# Gisbertus Voetius on true and false precision in ministers



## Reformed Covenanter (Apr 15, 2020)

This sentiment was primarily aimed at ministers, yet it is of wider relevance to all Christians. I fear that, in matters of religion, many of us are too busy being busybodies rather than being busy at home:

And the “precision” of ministers concerns first of all themselves and their families, then members of their congregation and any who hear them, then neighbouring churches with which they have dealings either individually or through synod or classis, and finally those who are outside the church …

Anyone who reverses this order, or who advocates or demands precision for others, often with great importunity, in classis or synod, and emphasizing minutiae and ritual forms, while his own life, family, or church is simply an uncultivated field, should not be called a zealot or precisionist, but a meddler, busybody, Pharisee, Diotrephes [3 Jn. 9], who is everywhere and is busy everywhere, except at home.

For the reference, see Gisbertus Voetius on true and false precision in ministers.

Reactions: Like 4 | Amen 1


----------



## usernamecrtamil (Apr 15, 2020)

Reformed Covenanter said:


> This sentiment was primarily aimed at ministers, yet it is of wider relevance to all Christians.

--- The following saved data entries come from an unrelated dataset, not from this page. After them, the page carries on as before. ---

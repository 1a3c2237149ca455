-- ===== src/Ir/Cfg/Exit.antt =====
-- Where control can go in the graph that `_build_function` of
-- scanner/src/aegify/ir/program_graph.py builds.
use aegify.Base.{ℕ, ◌≡◌, ◌≢◌, refl, subst, sym, ap, inl, inr, String, List, [], ◌∷◌, Member}
use aegify.Ir.Cfg.Nodes.{Node}
use aegify.Ir.Cfg.Statements.{body_statements}
use aegify.Ir.Cfg.Graph.{Role, NodeId, function_part, Facts, CfgEdge, Graph, add_node, add_edge}
use aegify.Ir.Cfg.Emit.{contains, prepare, build_function, no_targets, semantic}
use aegify.Ir.Cfg.Grows.{stay, link_tails-Grows}
use aegify.Ir.Cfg.Steps
use aegify.Ir.Cfg.Drains.{sequence-Ends}

-- A path of control flow edges to the node `t`.
pub data Reaches (g : Graph) (t : NodeId) : NodeId → Type 0 where
  arrived : Reaches g t t
  go_on :
      (e : CfgEdge)
      → Member e g.edges
      → e.overlay ≡ "cfg"
      → Reaches g t e.target
      → Reaches g t e.source

abbrev pub empty_graph : Graph
empty_graph = record { nodes = []; edges = [] }

prepared_edges :
    (data_facts : List ℕ → Facts) (parameters : List String)
    → (prepare data_facts parameters empty_graph).edges
      ≡ semantic "declared-in" (function_part Role.function) (function_part Role.file)
        ∷ semantic "declares" (function_part Role.file) (function_part Role.function)
        ∷ contains (function_part Role.entry)
        ∷ []
unfolding prepare add_edge add_node
prepared_edges data_facts parameters = refl

module _ (data_facts : List ℕ → Facts) (parameters : List String) (n : Node) where
  whole : Graph
  whole = build_function data_facts parameters n empty_graph

  AtExit : NodeId → Type 0
  unfolding whole
  AtExit = Reaches whole (function_part Role.exit)

  backward : Steps.IsBackward whole AtExit
  unfolding AtExit
  backward = record { back = go_on }

  targets-Ends : Steps.TargetsEnd whole AtExit backward no_targets
  unfolding AtExit
  targets-Ends = record { at_exit = arrived; at_break = tt; at_continue = tt; at_terminal = tt }

  ends :
      AtExit (function_part Role.entry)
      × Steps.Ends whole AtExit backward (prepare data_facts parameters empty_graph) whole
  unfolding whole build_function AtExit
  ends =
      let s = body_statements n in
      let linked =
        Steps.link_tails-Ends whole AtExit backward (function_part Role.exit) _ _ (stay _ _ refl)
          arrived in
      let body =
        sequence-Ends whole AtExit backward data_facts no_targets s
          ((function_part Role.entry, "next") ∷ []) (prepare data_facts parameters empty_graph)
          targets-Ends linked.0 (link_tails-Grows (function_part Role.exit) _ _) in
      (body.0.0, Steps.end_on whole AtExit backward body.1 linked.1)

  first_edges :
      (e : CfgEdge)
      → Member e (
          semantic "declared-in" (function_part Role.function) (function_part Role.file)
          ∷ semantic "declares" (function_part Role.file) (function_part Role.function)
          ∷ contains (function_part Role.entry)
          ∷ [])
      → e.overlay ≢ "semantic"
      → AtExit e.target
  first_edges e (Member.here p) h = absurd (h (ap (λ (x : CfgEdge). x.overlay) p))
  first_edges e (Member.there (Member.here p)) h = absurd (h (ap (λ (x : CfgEdge). x.overlay) p))
  first_edges e (Member.there (Member.there (Member.here p))) h =
      subst (λ (x : CfgEdge). AtExit x.target) (sym p) ends.0
  first_edges e (Member.there (Member.there (Member.there m))) h = absurd (elim m [ ])

-- In the graph of a function, control can go from the entry, from every statement and from every node
-- that a control flow edge leads to, on to the exit: no path gets stuck.
pub build_function-Reaches :
    (data_facts : List ℕ → Facts) (parameters : List String) (n : Node)
    → Reaches
        (build_function data_facts parameters n empty_graph)
        (function_part Role.exit)
        (function_part Role.entry)
      × ((e : CfgEdge)
          → Member e (build_function data_facts parameters n empty_graph).edges
          → e.overlay ≢ "semantic"
          → Reaches
              (build_function data_facts parameters n empty_graph)
              (function_part Role.exit)
              e.target)
unfolding AtExit whole
build_function-Reaches data_facts parameters n = (
  (ends data_facts parameters n).0,
  λ e m h. elim ((ends data_facts parameters n).1.ends e m) [
    | inl first ↦
        first_edges data_facts parameters n e
          (subst (Member e) (prepared_edges data_facts parameters) first) h
    | inr later ↦ later
  ],
)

I fear that, in matters of religion, many of us are too busy being busybodies rather than being busy at home:
> 
> And the “precision” of ministers concerns first of all themselves and their families, then members of their congregation and any who hear them, then neighbouring churches with which they have dealings either individually or through synod or classis, and finally those who are outside the church …
> 
> ...



Louder for the people in the back

Reactions: Like 1


----------